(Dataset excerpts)
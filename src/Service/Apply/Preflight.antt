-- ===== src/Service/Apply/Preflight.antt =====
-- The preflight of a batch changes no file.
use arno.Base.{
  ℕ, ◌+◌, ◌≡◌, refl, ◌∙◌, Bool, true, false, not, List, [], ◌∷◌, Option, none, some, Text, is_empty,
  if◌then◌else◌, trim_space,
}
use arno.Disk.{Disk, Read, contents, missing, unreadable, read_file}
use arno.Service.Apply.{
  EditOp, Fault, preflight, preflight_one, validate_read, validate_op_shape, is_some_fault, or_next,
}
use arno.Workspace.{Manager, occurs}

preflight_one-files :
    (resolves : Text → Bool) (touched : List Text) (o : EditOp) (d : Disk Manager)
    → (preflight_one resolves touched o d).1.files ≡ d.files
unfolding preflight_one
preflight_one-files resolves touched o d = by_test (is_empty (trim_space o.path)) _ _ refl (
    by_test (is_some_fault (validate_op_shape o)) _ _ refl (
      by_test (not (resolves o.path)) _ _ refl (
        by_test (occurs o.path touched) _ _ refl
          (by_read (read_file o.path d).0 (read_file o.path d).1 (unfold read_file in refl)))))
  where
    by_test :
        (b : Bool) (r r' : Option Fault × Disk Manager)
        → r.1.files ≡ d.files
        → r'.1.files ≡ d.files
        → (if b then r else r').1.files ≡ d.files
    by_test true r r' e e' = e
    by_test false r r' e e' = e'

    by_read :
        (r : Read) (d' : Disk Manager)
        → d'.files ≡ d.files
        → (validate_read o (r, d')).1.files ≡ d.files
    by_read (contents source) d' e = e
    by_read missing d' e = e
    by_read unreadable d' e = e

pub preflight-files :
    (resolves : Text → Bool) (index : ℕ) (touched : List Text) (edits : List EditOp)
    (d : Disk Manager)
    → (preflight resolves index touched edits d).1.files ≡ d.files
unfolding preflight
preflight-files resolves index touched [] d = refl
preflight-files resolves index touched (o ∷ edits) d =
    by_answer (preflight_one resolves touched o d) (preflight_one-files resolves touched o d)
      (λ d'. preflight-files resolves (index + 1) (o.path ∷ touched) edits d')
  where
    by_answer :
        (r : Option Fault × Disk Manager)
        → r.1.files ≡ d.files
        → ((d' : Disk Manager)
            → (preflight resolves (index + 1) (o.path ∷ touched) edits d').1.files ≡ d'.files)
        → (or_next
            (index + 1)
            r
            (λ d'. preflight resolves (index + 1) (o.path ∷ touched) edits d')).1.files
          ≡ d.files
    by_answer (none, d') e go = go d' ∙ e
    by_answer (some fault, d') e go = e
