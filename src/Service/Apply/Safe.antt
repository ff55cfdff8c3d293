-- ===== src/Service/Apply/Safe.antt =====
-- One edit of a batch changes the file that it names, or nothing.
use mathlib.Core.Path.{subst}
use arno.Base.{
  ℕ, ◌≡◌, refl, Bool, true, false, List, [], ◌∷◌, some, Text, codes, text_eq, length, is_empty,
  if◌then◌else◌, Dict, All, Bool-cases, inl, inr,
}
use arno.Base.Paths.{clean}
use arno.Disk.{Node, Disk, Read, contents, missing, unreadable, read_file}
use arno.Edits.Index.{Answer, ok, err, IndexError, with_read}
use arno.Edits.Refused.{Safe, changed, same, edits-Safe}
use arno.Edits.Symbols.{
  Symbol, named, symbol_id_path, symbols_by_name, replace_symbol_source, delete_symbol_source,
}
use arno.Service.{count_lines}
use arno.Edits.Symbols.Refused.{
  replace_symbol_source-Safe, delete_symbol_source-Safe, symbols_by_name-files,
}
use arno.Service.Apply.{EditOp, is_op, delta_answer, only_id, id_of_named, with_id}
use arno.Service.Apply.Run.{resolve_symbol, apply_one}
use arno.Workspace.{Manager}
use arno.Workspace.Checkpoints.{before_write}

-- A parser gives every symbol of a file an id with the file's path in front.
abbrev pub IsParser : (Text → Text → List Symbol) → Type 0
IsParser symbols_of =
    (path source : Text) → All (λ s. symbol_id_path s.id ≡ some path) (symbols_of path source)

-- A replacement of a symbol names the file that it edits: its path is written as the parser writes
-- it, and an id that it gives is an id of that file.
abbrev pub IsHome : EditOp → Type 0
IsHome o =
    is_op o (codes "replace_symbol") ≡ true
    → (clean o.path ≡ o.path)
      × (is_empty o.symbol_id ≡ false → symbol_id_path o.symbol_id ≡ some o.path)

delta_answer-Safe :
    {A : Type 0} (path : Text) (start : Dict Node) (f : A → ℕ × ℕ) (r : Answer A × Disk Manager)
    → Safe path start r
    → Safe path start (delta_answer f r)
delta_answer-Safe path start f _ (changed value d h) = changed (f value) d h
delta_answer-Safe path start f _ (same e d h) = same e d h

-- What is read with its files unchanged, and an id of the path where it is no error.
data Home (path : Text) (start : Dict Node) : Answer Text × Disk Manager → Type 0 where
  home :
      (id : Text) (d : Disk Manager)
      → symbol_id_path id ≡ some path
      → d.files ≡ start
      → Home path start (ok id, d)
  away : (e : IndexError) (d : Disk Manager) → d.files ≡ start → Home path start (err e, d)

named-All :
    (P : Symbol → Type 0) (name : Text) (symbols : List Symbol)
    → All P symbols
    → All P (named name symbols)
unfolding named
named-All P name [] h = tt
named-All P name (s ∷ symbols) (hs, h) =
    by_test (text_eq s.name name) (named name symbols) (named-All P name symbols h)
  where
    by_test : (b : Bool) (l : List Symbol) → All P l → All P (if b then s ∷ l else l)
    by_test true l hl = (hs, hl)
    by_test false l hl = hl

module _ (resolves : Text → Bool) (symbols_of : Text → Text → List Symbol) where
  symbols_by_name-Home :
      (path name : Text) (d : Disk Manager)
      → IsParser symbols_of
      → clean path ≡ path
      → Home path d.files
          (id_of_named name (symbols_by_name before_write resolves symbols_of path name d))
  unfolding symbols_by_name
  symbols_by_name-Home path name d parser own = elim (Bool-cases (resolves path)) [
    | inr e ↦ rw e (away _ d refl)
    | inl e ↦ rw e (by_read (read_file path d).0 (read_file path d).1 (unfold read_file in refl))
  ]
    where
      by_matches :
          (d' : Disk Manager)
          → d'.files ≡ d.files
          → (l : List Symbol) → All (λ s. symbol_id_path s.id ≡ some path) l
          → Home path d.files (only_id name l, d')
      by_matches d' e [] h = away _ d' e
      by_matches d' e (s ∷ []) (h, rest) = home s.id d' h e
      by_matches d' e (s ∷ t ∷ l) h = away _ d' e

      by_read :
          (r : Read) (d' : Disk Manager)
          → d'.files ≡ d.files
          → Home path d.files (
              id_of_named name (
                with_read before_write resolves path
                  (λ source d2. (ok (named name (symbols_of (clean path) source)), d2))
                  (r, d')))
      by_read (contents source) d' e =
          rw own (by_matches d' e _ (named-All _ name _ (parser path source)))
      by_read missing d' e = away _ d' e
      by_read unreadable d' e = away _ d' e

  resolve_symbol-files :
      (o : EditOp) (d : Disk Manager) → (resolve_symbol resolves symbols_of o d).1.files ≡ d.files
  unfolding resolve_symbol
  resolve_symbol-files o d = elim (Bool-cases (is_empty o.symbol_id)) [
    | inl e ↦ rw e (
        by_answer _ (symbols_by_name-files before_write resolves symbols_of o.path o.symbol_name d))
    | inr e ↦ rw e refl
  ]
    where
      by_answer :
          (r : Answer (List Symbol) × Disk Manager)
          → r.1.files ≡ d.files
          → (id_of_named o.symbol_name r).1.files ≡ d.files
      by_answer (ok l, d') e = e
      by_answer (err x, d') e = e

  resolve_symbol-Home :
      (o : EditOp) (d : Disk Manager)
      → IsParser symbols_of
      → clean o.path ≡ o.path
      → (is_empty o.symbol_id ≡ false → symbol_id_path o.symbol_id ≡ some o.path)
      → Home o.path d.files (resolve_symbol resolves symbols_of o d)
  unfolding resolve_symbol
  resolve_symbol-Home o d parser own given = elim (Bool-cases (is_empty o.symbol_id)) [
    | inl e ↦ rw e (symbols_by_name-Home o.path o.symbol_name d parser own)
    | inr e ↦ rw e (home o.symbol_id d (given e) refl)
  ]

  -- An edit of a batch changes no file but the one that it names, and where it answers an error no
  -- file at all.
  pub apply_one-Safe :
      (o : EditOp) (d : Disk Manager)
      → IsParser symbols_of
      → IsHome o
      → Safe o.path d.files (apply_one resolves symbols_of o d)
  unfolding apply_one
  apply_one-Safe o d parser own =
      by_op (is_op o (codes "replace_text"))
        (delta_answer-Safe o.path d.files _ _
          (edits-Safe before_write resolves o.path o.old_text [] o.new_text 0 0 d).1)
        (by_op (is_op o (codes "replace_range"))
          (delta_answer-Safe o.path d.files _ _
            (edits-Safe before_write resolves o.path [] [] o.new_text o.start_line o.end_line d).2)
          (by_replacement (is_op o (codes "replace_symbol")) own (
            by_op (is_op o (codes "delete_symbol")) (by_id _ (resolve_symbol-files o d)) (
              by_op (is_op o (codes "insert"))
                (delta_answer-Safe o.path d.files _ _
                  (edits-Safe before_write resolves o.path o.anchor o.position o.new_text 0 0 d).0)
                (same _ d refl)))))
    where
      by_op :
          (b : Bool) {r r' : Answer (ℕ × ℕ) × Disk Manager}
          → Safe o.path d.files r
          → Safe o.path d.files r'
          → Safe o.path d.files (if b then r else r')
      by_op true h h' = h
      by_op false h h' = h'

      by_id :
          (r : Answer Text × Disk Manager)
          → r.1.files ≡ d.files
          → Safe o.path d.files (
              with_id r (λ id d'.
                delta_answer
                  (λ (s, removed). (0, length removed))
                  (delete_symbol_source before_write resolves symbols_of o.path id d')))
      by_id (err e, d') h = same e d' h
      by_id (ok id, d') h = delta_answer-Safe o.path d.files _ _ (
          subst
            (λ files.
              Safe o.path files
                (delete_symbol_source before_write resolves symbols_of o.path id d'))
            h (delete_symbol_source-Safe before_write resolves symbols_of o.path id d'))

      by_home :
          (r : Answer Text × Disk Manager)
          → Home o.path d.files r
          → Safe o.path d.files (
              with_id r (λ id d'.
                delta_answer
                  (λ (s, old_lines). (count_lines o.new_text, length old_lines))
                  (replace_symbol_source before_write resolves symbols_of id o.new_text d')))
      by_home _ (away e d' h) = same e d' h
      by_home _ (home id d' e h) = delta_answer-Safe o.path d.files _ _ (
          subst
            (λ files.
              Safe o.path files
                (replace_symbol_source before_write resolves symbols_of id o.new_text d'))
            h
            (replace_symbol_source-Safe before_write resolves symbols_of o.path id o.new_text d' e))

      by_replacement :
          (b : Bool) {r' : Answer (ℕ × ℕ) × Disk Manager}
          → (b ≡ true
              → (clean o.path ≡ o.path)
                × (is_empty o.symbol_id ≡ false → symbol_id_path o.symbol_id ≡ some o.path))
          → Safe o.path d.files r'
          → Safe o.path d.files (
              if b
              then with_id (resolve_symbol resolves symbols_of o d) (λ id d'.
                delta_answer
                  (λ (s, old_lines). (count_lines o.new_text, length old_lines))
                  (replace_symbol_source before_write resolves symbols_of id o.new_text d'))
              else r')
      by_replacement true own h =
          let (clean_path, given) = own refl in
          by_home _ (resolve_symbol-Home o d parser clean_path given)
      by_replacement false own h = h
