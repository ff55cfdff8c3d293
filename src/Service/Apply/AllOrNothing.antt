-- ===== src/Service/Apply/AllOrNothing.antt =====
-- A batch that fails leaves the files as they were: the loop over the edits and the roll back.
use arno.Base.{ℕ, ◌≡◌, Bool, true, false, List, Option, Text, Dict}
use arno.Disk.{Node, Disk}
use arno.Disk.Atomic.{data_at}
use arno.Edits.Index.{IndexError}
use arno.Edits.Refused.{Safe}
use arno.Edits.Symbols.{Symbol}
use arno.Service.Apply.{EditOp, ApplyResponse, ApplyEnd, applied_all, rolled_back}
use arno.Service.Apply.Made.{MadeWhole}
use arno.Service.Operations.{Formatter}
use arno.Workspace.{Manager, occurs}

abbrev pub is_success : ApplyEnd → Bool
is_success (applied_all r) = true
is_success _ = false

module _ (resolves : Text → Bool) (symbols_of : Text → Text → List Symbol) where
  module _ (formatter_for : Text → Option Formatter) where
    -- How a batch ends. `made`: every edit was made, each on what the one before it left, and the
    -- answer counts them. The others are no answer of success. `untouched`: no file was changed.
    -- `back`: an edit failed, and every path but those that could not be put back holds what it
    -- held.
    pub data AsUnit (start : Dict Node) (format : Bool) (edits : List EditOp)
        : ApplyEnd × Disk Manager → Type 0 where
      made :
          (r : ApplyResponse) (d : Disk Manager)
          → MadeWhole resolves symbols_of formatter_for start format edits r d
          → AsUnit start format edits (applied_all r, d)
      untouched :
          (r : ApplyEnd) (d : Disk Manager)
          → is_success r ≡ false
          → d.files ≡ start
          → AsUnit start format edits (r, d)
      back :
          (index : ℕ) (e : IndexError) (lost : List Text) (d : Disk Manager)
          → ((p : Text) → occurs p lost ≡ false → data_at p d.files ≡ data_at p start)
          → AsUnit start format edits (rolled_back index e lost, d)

### Exercise details
In the records above, locate every line with the string "true" and copy it.

### Result of the exercise
  ℕ, ◌+◌, ◌≡◌, refl, ◌∙◌, Bool, true, false, not, List, [], ◌∷◌, Option, none, some, Text, is_empty,
    by_test true r r' e e' = e
  ℕ, ◌≡◌, refl, Bool, true, false, List, [], ◌∷◌, some, Text, codes, text_eq, length, is_empty,
    is_op o (codes "replace_symbol") ≡ true
    by_test true l hl = (hs, hl)
      by_op true h h' = h
          → (b ≡ true
      by_replacement true own h =
use arno.Base.{ℕ, ◌≡◌, Bool, true, false, List, Option, Text, Dict}
is_success (applied_all r) = true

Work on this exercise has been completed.